The first of the chicks and ducklings have arrived at the farm store. I wasn't expecting them this early but as we walked to the back of the store in search of a shop lamp, the chirping kind of washed over me like a big old wave of springtime and we rushed back looking for the Rhode Island Reds and White Plymouth Rocks (those are breeds).

Oh, the ducks are too cute. Too, too cute. We have too many owls about and nowhere to bring them in at night, or I'd have brought a couple home with us. Maybe in a few years when Danny is older. Anyway, he found an older gentleman willing to listen to him babble at length about the details of various tractors and other assorted farm equipment. That was nice. They sort of bonded over the capabilities of a Belarus Tractor. And yes, I did buy him a couple new ERTL toys because he needed a bulldozer. Look, if a guy needs a bulldozer, who is his mama to argue? And a spreader. And some animals. But you know how it is in those places, the kids start out wanting circular saws and fencing and you end up compromising with a bulldozer. Could be worse I guess, he could be clamouring for a pig castrator.

So anyway, we were already well away from home and decided to pick up a few groceries. Apparently, the Super Nanny is in town trying to straighten out a family with three kids (I don't follow these things, but my understanding is that she is a sort of "life-coach" for a reality programme. I don't know, Google it if you're really
curious). Of course everyone in the neighbourhood is a-flutter because a celebrity has been in town, and they trailed her through the grocer with a camera crew and
screaming kids, etc. I've been getting over a really miserable cold so it was easier than usual to feign interest because all I had to do was stand there and nod with a dumb smile plastered to my face. Usually, my face gives me away.

One thing that really caught my eye was the meat department where they had a case of beef spareribs and rib roasts all bearing a sticker proclaiming:
"User Friendly Meat."
I'm starting to think I need to carry the camera with me when I go out-I'd have loved to use that as a banner on the blog.

I'm sure compared to the Super Nanny kids, Danny seems pretty tame-probably compared to most kids. It was strange, every turn we took in the store there was someone trying to give him something. Finally, we get to the check out and a young cashier (he couldn't have been more than 16) smiles at Danny and says:

"Hey little guy, you're such a good boy, these are for you."

-And hands him a box of Conversation Hearts and a Twinkie. A Twinkie! Honest to God. A Real one, not some generic knock-off .The sort of Twinkies my old man used to eat half a box at a time washed down with a bottle of Coke, when he didn't have time to stop for lunch (he drove a truck. Apparently that career path enables people to also consume two Hershey bars, the bottle of Coke and when Twinkies are not available, plain, hard doughnuts that have been sitting in the case at the gas station since early morning. And hot dogs, but that's another story, we were talking about cream-filled sponge cake.
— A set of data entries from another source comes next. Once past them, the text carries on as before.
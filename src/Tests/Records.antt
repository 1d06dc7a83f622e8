-- ===== src/Tests/Records.antt =====
-- A ClientHello with an empty body in two records, of which the first is cut in two by the initial bytes.
use sni_router.Prelude.{◌≡◌, refl, [], ◌∷◌}
use sni_router.Prelude.Outcomes.{Bytes, ok, Post, run_steps}
use sni_router.Records.{clienthello, no_clienthello, unexpected_content_type, read_tls_clienthello}
use sni_router.Records.Replay.{Keeps, read_tls_clienthello-Post}

abbrev arrived : Bytes
arrived = 22 ∷ 3 ∷ 1 ∷ []

abbrev arriving : Bytes
arriving = 0 ∷ 1 ∷ 1 ∷ 22 ∷ 3 ∷ 1 ∷ 0 ∷ 3 ∷ 0 ∷ 0 ∷ 0 ∷ 99 ∷ []

read_tls_clienthello-runs :
    read_tls_clienthello arrived arriving
    ≡ ok (
      record {
        bytes = 22 ∷ 3 ∷ 1 ∷ 0 ∷ 1 ∷ 1 ∷ 22 ∷ 3 ∷ 1 ∷ 0 ∷ 3 ∷ 0 ∷ 0 ∷ 0 ∷ [];
        stream = 99 ∷ [];
      },
      clienthello (1 ∷ 0 ∷ 0 ∷ 0 ∷ []),
    )
unfolding run_steps read_tls_clienthello
read_tls_clienthello-runs = refl

read_tls_clienthello-other :
    read_tls_clienthello (71 ∷ 69 ∷ 84 ∷ 32 ∷ 47 ∷ []) []
    ≡ ok (
      record { bytes = 71 ∷ 69 ∷ 84 ∷ 32 ∷ 47 ∷ []; stream = [] },
      no_clienthello unexpected_content_type,
    )
unfolding run_steps read_tls_clienthello
read_tls_clienthello-other = refl

read_tls_clienthello-Post_example :
    Post
      (Keeps (record { bytes = arrived; stream = arriving }))
      (read_tls_clienthello arrived arriving)
read_tls_clienthello-Post_example = read_tls_clienthello-Post arrived arriving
Sure, the candy was useless to them after Valentine's Day, and the Twinkie probably cost them almost nothing, but that was a pretty good windfall for a short trip to the grocer. Hell, even Vic The Butcher didn't hand out Twinkies when I was a kid (but I did get a handful of lollipops presented to me as a bouquet each week). Then, they took our groceries out to the car for us. Seriously. It's like 1970 is alive and well and living in Havelock.

I'm sorry to report that Danny didn't care for the Twinkie and oddly; he claimed it made his mouth itch. I thought that was absurd, so I tasted a bit and surprisingly, it didn't taste as bad as I imagined it would, but about twenty seconds later my mouth started to itch. I should probably Google that, eh?

If you're not allergic to Twinkies, head over to the Russ' Market and mind your manners-maybe you'll get candy and cake too!